*PROVIDED RECORDS*
-- ===== src/Mac/Transmit/Requests.antt =====
-- `lcompat_ieee80211_send_assoc_req` succeeds where it is given memory.
use lcompat.Base.{
  ℕ, zero, suc, ◌+◌, ◌-◌, ◌≤◌, ◌≡◌, ◌∙◌, refl, ap, true, false, not, ◌||◌, Option, none, some, List,
  [], ◌∷◌, ◌++◌, arith, ltb, ◌==◌, length, ℤ, pos, take, le→ltb, if_true, if_false,
}
use lcompat.Base.Words.{ulong_max, uint_max}
use lcompat.Mac.Bytes.{le16_bytes}
use lcompat.Mac.Elements.{bss_has_wmm}
use lcompat.Mac.Runtime.{Runtime, ScanResult, Band}
use lcompat.Mac.Rates.{current_band, build_supported_rates_ie}
use lcompat.Mac.Transmit.{
  alloc_tx_skb, next_seq_ctrl, hdr_3addr, send_mgmt, until_zero, assoc_len, assoc_ies,
  assoc_capability, send_assoc_sized, send_assoc_on, send_assoc_req,
}
use lcompat.Mac.Transmit.Lengths.{assoc_len-assoc_ies, length-assoc_ies_le}

length-until_zero_le : (bs : List ℕ) → length (until_zero bs) ≤ length bs
unfolding until_zero
length-until_zero_le [] = omega arith
length-until_zero_le (zero ∷ bs) = omega arith
length-until_zero_le (suc b ∷ bs) = omega (arith, length-until_zero_le bs)

length-take_le : (n : ℕ) (xs : List ℕ) → length (take n xs) ≤ n
length-take_le zero xs = omega arith
length-take_le (suc n) [] = omega arith
length-take_le (suc n) (x ∷ xs) = omega (arith, length-take_le n xs)

alloc-fits :
    (headroom : ℤ) (h n : ℕ)
    → headroom ≡ pos h
    → h + n ≤ uint_max
    → alloc_tx_skb headroom n true ≡ true
unfolding alloc_tx_skb
alloc-fits headroom h n e f =
    let t : (ltb uint_max h || ltb (ulong_max - n) h || ltb uint_max (h + n)) ≡ false =
      ground arith in
    rw (e, t) refl

-- The frame of an association request with given rates.
abbrev pub assoc_frame : Runtime → ScanResult → (supp ext : List ℕ) → List ℕ
assoc_frame rt bss supp ext =
    hdr_3addr 0 rt.connect_params.bssid rt.vif.addr rt.connect_params.bssid
      (next_seq_ctrl rt.tx_seq).0
    ++ (le16_bytes (assoc_capability rt.connect_params.privacy rt.capability)
        ++ (le16_bytes 10 ++ assoc_ies rt.connect_params.ssid supp ext (bss_has_wmm bss.ies)))

abbrev pub after_frame : Runtime → List ℕ → Runtime
after_frame rt frame = record rt {
  tx_seq = (next_seq_ctrl rt.tx_seq).1;
  sent = rt.sent ++ (frame ∷ []);
}

send_sized :
    (rt : Runtime) (bss : ScanResult) (supp ext : List ℕ) (h : ℕ)
    → rt.hw.has_tx ≡ true
    → rt.hw.extra_tx_headroom ≡ pos h
    → h ≤ 65535
    → length rt.connect_params.ssid ≤ 32
    → length supp ≤ 8
    → length ext ≤ 16
    → send_assoc_sized rt
        (assoc_len rt.connect_params.ssid supp ext (bss_has_wmm bss.ies))
        (assoc_ies rt.connect_params.ssid supp ext (bss_has_wmm bss.ies))
        true
      ≡ (none, after_frame rt (assoc_frame rt bss supp ext))
unfolding send_mgmt
send_sized rt bss supp ext h tx e eh a b c =
    let ies = assoc_ies rt.connect_params.ssid supp ext (bss_has_wmm bss.ies) in
    let n : ℕ = 28 + length ies in
    let short = length-assoc_ies_le rt.connect_params.ssid supp ext (bss_has_wmm bss.ies) in
    let fits : ltb uint_max n ≡ false = le→ltb _ _ (omega (arith, short)) in
    let given : alloc_tx_skb rt.hw.extra_tx_headroom n true ≡ true =
      alloc-fits rt.hw.extra_tx_headroom h n e (omega (arith, short)) in
    let exact : (length ies == n - 28) ≡ true = ground arith in
    ap (λ (o : Option ℕ). send_assoc_sized rt o ies true)
      (assoc_len-assoc_ies rt.connect_params.ssid supp ext (bss_has_wmm bss.ies) (omega arith)
        (omega arith) (omega arith))
    ∙ if_false (ltb uint_max n) _ _ fits
    ∙ if_false (not (alloc_tx_skb rt.hw.extra_tx_headroom n true)) _ _ (ap not given)
    ∙ if_true (length ies == n - 28) _ _ exact
    ∙ if_true rt.hw.has_tx _ _ tx

send_on :
    (band : Option Band) (b : Band) (rt : Runtime) (bss : ScanResult)
    → band ≡ some b
    → send_assoc_on band rt bss true ≡ send_assoc_on (some b) rt bss true
send_on band b rt bss e = ap (λ (o : Option Band). send_assoc_on o rt bss true) e

-- A request that has a network, a name of at most 32 bytes and a band is sent: the driver gets one frame,
-- with the fixed part and the elements for its name, for at most 8 rates and at most 16 further ones,
-- and the sequence number goes on. Neither the length check nor an overflow check fails. There is memory
-- for it, and the driver takes frames and asks for a headroom below 64 KiB.
pub send_assoc_req-after_frame :
    (rt : Runtime) (bss : ScanResult) (b : Band) (h : ℕ)
    → rt.connect_params.has_bssid ≡ true
    → current_band rt.hw ≡ some b
    → rt.hw.has_tx ≡ true
    → rt.hw.extra_tx_headroom ≡ pos h
    → h ≤ 65535
    → length rt.connect_params.ssid ≤ 32
    → (supp : List ℕ) × (ext : List ℕ) × (length supp ≤ 8)
      × (length ext ≤ 16)
      × (send_assoc_req rt bss true ≡ (none, after_frame rt (assoc_frame rt bss supp ext)))
unfolding send_assoc_req build_supported_rates_ie
send_assoc_req-after_frame rt bss b h has band tx e eh a =
    let (supp_rates, ext_rates) = build_supported_rates_ie rt.hw bss 8 16 in
    let supp = until_zero supp_rates in
    let ext = until_zero ext_rates in
    let ls : length supp ≤ 8 = omega (arith, length-until_zero_le supp_rates, length-take_le 8 _) in
    let le : length ext ≤ 16 = omega (arith, length-until_zero_le ext_rates, length-take_le 16 _) in
    (
      supp,
      ext,
      ls,
      le,
      if_false (not rt.connect_params.has_bssid) _ _ (ap not has)
          ∙ send_on (current_band rt.hw) b rt bss band
          ∙ send_sized rt bss supp ext h tx e eh a ls le,
    )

*WHAT YOU WILL DO*
Would you please transcribe the lines above exactly, starting with the first line of the material and ending with the line that has "length-take_le (suc n) (x"?

*TASK RESPONSE*
-- ===== src/Mac/Transmit/Requests.antt =====
-- `lcompat_ieee80211_send_assoc_req` succeeds where it is given memory.
use lcompat.Base.{
  ℕ, zero, suc, ◌+◌, ◌-◌, ◌≤◌, ◌≡◌, ◌∙◌, refl, ap, true, false, not, ◌||◌, Option, none, some, List,
  [], ◌∷◌, ◌++◌, arith, ltb, ◌==◌, length, ℤ, pos, take, le→ltb, if_true, if_false,
}
use lcompat.Base.Words.{ulong_max, uint_max}
use lcompat.Mac.Bytes.{le16_bytes}
use lcompat.Mac.Elements.{bss_has_wmm}
use lcompat.Mac.Runtime.{Runtime, ScanResult, Band}
use lcompat.Mac.Rates.{current_band, build_supported_rates_ie}
use lcompat.Mac.Transmit.{
  alloc_tx_skb, next_seq_ctrl, hdr_3addr, send_mgmt, until_zero, assoc_len, assoc_ies,
  assoc_capability, send_assoc_sized, send_assoc_on, send_assoc_req,
}
use lcompat.Mac.Transmit.Lengths.{assoc_len-assoc_ies, length-assoc_ies_le}

length-until_zero_le : (bs : List ℕ) → length (until_zero bs) ≤ length bs
unfolding until_zero
length-until_zero_le [] = omega arith
length-until_zero_le (zero ∷ bs) = omega arith
length-until_zero_le (suc b ∷ bs) = omega (arith, length-until_zero_le bs)

length-take_le : (n : ℕ) (xs : List ℕ) → length (take n xs) ≤ n
length-take_le zero xs = omega arith
length-take_le (suc n) [] = omega arith
length-take_le (suc n) (x ∷ xs) = omega (arith, length-take_le n xs)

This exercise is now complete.